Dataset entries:
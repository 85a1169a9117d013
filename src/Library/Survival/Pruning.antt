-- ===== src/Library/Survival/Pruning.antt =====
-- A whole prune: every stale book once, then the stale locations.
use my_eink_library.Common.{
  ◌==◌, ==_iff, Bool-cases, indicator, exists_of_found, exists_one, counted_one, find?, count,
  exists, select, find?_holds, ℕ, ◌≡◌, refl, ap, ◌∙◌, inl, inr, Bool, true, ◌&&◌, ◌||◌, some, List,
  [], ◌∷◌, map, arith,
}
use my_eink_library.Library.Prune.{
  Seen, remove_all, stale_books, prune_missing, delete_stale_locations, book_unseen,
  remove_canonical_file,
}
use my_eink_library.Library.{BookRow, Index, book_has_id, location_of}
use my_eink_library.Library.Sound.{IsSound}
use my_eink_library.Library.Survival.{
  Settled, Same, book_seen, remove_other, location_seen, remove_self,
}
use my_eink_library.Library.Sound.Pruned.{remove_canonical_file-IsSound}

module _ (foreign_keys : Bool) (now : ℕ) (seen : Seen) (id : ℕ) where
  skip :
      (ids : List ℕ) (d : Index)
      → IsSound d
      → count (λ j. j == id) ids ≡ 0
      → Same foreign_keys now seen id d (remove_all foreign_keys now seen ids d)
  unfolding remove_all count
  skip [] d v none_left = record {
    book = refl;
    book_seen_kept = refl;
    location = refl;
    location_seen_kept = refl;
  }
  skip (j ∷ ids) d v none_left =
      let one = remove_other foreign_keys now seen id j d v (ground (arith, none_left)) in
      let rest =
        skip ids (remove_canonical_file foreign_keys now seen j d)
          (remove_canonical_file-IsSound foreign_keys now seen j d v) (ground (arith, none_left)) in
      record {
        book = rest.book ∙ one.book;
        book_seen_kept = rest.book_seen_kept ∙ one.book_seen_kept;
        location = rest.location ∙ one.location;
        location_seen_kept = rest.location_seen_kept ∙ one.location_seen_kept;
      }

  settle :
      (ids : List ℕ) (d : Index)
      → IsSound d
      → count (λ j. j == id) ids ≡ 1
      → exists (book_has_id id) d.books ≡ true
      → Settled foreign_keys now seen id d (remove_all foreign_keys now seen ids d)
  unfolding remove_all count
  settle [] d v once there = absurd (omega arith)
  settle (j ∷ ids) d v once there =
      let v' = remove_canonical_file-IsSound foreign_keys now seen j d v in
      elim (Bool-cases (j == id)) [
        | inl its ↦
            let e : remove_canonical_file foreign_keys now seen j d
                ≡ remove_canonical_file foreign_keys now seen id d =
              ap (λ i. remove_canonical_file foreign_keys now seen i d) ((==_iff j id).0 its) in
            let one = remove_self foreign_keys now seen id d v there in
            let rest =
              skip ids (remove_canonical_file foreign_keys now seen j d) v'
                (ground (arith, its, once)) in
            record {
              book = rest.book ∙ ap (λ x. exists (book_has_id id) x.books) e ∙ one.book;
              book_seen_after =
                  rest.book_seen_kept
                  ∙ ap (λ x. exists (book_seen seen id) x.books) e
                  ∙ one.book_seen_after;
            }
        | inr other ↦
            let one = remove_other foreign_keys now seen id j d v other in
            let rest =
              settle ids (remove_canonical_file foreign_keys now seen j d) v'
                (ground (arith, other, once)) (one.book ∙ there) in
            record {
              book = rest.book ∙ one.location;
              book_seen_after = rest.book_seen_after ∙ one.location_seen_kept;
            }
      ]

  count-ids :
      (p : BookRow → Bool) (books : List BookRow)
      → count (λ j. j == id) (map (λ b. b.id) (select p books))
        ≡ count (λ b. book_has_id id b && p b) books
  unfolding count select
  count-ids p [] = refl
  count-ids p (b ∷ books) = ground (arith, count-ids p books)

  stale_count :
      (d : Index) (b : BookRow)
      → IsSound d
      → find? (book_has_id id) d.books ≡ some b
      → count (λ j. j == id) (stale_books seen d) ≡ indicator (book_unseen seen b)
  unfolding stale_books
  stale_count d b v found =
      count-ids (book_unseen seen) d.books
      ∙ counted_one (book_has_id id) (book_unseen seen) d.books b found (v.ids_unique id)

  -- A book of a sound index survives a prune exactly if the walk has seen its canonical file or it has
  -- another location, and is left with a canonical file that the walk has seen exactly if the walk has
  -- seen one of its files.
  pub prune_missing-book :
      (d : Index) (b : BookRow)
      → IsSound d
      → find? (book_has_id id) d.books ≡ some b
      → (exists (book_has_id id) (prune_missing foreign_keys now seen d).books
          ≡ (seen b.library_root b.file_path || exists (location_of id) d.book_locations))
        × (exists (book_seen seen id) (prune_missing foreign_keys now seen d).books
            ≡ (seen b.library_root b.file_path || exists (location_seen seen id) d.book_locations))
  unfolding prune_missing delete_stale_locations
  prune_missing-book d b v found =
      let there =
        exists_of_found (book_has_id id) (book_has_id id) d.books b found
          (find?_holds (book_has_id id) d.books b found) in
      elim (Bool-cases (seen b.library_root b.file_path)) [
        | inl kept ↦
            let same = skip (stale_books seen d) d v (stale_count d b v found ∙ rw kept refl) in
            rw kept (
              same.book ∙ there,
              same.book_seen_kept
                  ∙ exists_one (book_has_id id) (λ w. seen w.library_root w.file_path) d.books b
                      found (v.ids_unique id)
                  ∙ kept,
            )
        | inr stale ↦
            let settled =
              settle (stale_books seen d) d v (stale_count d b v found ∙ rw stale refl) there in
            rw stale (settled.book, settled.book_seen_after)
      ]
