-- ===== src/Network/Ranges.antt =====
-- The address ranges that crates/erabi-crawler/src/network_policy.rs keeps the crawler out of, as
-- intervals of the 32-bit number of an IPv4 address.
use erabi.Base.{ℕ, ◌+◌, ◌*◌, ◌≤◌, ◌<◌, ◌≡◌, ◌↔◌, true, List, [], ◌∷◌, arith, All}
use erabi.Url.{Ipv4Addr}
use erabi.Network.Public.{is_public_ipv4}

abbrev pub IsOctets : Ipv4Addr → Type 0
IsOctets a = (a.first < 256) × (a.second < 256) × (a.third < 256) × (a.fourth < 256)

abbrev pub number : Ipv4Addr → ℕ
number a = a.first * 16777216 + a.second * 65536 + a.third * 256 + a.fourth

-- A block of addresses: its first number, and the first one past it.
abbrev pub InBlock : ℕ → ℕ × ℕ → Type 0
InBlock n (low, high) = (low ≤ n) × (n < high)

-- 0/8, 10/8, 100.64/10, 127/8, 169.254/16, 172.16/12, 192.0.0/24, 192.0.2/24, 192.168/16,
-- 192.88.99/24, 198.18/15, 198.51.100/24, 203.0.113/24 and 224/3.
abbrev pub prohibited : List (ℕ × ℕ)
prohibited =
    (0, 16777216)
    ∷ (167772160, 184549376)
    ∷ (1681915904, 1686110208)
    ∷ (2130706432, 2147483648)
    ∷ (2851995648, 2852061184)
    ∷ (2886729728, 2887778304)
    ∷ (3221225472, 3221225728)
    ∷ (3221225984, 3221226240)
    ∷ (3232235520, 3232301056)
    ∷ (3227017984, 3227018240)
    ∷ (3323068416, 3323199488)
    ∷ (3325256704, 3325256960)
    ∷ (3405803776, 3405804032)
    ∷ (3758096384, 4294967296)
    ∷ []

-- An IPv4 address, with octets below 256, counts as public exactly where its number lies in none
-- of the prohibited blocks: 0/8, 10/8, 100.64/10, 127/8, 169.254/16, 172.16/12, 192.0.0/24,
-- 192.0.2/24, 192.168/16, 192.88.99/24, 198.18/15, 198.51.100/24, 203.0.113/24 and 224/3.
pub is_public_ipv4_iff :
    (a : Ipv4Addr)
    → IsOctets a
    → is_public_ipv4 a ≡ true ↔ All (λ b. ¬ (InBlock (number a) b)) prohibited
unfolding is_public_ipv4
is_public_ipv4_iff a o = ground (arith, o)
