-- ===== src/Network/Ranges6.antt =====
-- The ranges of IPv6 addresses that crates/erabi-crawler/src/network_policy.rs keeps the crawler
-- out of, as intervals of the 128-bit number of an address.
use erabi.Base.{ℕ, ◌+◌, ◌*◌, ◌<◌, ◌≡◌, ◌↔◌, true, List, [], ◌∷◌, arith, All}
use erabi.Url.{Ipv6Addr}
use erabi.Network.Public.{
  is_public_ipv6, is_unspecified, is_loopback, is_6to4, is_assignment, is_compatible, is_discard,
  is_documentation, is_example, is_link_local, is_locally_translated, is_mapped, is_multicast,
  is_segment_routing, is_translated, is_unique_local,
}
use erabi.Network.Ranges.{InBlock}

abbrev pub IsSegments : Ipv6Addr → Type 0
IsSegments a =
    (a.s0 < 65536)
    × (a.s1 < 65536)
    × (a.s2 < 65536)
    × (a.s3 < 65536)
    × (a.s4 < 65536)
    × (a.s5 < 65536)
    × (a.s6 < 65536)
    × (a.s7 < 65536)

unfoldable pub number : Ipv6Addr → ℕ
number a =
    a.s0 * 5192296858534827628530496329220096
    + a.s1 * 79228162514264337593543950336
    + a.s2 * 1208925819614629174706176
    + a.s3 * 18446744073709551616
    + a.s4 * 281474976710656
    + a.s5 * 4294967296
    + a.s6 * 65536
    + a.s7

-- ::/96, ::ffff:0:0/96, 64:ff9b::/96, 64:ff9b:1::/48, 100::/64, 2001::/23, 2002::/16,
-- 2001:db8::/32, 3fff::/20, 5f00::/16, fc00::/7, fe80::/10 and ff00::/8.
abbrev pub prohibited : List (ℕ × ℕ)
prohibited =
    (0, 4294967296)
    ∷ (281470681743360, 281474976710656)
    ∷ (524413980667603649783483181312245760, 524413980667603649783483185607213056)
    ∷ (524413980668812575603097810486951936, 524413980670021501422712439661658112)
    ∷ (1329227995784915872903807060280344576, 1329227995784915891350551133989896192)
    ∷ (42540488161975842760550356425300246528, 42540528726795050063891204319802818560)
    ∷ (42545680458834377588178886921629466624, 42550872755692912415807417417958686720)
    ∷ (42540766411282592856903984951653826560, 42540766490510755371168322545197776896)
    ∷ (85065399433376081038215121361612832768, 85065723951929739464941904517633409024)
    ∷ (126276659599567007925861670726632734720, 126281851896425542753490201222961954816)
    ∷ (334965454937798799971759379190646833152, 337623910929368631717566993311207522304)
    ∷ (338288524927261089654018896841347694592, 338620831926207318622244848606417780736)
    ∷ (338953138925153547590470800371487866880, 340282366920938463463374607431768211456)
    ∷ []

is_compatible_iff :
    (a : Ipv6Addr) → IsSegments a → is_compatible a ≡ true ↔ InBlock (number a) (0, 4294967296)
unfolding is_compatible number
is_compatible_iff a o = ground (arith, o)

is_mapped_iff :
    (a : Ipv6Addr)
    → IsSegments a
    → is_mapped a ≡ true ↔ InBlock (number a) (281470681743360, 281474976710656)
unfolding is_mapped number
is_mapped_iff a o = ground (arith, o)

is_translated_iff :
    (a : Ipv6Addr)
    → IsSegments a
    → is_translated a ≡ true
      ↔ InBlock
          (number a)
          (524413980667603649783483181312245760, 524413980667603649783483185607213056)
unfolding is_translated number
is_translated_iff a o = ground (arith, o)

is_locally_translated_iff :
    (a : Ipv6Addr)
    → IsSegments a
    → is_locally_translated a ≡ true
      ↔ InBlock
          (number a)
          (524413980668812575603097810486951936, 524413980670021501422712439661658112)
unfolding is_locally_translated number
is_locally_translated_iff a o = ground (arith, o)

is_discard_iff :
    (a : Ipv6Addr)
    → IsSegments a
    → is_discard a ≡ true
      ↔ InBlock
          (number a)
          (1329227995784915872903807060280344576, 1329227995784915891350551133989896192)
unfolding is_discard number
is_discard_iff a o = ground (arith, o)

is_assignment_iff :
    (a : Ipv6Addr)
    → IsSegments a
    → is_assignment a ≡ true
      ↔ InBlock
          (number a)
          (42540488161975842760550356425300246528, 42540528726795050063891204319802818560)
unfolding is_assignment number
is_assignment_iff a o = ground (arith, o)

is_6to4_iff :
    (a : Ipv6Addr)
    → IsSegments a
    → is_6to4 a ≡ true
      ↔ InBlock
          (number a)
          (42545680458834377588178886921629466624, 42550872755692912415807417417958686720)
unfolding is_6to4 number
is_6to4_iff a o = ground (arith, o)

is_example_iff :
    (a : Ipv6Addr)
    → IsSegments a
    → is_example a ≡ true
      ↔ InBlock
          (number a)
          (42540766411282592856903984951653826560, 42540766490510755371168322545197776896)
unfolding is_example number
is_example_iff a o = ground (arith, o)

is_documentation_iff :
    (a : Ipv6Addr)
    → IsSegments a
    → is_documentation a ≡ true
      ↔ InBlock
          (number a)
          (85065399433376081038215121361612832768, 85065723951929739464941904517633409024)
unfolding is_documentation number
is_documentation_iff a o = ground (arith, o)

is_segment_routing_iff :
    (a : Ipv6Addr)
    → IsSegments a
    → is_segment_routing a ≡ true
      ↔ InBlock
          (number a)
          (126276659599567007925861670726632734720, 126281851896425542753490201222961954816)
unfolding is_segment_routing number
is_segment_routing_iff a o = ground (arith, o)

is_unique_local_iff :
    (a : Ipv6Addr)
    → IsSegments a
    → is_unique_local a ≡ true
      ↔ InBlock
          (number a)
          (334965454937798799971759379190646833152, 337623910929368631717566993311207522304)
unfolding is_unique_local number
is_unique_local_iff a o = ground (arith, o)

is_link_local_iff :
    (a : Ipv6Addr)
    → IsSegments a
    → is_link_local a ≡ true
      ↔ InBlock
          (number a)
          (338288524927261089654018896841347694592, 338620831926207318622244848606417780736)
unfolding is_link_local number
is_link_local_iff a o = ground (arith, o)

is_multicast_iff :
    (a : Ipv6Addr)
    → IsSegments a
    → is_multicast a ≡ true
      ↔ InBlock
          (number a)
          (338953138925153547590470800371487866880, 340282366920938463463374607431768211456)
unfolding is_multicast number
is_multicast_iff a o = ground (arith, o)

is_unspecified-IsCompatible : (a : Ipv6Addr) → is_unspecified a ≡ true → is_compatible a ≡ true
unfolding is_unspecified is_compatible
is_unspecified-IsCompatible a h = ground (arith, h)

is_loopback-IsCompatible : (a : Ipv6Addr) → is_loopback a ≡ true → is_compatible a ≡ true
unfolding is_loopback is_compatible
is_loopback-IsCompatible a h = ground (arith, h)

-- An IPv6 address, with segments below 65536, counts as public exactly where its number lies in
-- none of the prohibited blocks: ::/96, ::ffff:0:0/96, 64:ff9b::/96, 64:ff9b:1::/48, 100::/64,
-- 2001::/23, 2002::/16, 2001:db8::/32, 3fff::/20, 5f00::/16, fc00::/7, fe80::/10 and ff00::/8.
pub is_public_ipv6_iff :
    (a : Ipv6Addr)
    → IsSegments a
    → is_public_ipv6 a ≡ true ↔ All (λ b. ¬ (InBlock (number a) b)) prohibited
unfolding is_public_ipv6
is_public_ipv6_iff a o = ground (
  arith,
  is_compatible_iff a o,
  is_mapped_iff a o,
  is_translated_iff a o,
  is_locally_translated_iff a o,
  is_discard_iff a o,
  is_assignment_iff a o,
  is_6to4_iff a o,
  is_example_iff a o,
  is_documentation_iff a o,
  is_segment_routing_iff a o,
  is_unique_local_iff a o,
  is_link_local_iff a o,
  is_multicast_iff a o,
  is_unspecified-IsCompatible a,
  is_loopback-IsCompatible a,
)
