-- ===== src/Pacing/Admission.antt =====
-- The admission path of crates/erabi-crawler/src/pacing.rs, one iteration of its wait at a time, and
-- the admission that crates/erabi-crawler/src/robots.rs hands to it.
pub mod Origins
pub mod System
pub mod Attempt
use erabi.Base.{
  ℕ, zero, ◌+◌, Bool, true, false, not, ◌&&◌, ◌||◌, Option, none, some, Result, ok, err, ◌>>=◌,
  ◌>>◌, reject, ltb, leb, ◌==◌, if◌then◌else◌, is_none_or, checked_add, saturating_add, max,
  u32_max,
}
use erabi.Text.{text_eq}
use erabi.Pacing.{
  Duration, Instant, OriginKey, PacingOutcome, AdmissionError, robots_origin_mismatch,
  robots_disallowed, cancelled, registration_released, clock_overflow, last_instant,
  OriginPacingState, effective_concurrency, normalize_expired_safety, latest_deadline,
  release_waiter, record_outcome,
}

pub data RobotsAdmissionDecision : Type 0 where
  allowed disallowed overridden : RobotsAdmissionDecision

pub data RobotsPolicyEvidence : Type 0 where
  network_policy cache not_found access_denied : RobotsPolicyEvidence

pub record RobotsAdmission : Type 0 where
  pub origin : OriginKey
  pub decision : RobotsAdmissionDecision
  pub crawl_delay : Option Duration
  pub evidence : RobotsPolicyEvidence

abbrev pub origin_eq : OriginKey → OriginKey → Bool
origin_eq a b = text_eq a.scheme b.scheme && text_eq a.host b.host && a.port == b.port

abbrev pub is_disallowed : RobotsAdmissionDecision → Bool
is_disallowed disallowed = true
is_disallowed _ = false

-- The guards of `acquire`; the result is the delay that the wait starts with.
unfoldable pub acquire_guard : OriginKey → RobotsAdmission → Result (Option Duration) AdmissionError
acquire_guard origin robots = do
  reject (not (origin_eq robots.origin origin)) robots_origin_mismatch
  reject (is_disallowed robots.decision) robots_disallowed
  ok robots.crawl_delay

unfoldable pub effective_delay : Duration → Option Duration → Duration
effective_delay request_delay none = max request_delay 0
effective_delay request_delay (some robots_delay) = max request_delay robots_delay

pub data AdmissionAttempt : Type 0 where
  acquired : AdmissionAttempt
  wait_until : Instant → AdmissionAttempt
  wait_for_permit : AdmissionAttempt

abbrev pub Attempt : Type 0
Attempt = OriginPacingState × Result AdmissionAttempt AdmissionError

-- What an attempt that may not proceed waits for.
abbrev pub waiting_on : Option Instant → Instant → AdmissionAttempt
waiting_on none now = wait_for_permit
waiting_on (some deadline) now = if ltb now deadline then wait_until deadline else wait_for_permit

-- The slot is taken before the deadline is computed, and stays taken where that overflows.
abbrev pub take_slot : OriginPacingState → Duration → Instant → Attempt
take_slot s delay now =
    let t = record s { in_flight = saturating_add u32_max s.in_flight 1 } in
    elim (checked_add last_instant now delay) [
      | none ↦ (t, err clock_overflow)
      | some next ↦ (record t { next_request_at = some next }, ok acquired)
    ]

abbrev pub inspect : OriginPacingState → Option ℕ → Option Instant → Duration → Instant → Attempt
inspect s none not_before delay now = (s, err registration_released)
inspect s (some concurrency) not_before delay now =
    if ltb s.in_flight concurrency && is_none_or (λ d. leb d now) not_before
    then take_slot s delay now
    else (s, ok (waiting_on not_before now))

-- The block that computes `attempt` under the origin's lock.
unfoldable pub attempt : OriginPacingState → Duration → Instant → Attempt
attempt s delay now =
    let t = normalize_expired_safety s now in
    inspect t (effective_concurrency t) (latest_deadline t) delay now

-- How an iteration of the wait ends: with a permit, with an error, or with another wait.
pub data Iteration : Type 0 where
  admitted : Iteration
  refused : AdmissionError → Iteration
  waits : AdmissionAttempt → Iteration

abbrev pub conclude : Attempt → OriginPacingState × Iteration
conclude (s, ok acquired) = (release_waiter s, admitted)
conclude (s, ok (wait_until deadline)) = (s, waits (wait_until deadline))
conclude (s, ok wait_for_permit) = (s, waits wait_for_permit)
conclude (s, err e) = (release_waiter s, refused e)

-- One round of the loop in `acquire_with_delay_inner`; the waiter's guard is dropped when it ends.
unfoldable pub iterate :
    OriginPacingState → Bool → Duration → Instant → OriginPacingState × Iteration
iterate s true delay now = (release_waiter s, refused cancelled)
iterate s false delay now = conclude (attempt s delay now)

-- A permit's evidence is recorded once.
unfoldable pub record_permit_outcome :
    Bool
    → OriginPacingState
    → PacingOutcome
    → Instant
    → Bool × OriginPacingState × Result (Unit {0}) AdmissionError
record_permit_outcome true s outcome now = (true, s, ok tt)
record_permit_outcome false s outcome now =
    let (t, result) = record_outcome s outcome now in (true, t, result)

■ Your task:
Which lines above run from the one containing "(t, err clock_overflow)" down to the one containing "unfoldable pub attempt"? Repeat exactly those, both ends included, and nothing else.

■ Solved exercise:
      | none ↦ (t, err clock_overflow)
      | some next ↦ (record t { next_request_at = some next }, ok acquired)
    ]

abbrev pub inspect : OriginPacingState → Option ℕ → Option Instant → Duration → Instant → Attempt
inspect s none not_before delay now = (s, err registration_released)
inspect s (some concurrency) not_before delay now =
    if ltb s.in_flight concurrency && is_none_or (λ d. leb d now) not_before
    then take_slot s delay now
    else (s, ok (waiting_on not_before now))

-- The block that computes `attempt` under the origin's lock.
unfoldable pub attempt : OriginPacingState → Duration → Instant → Attempt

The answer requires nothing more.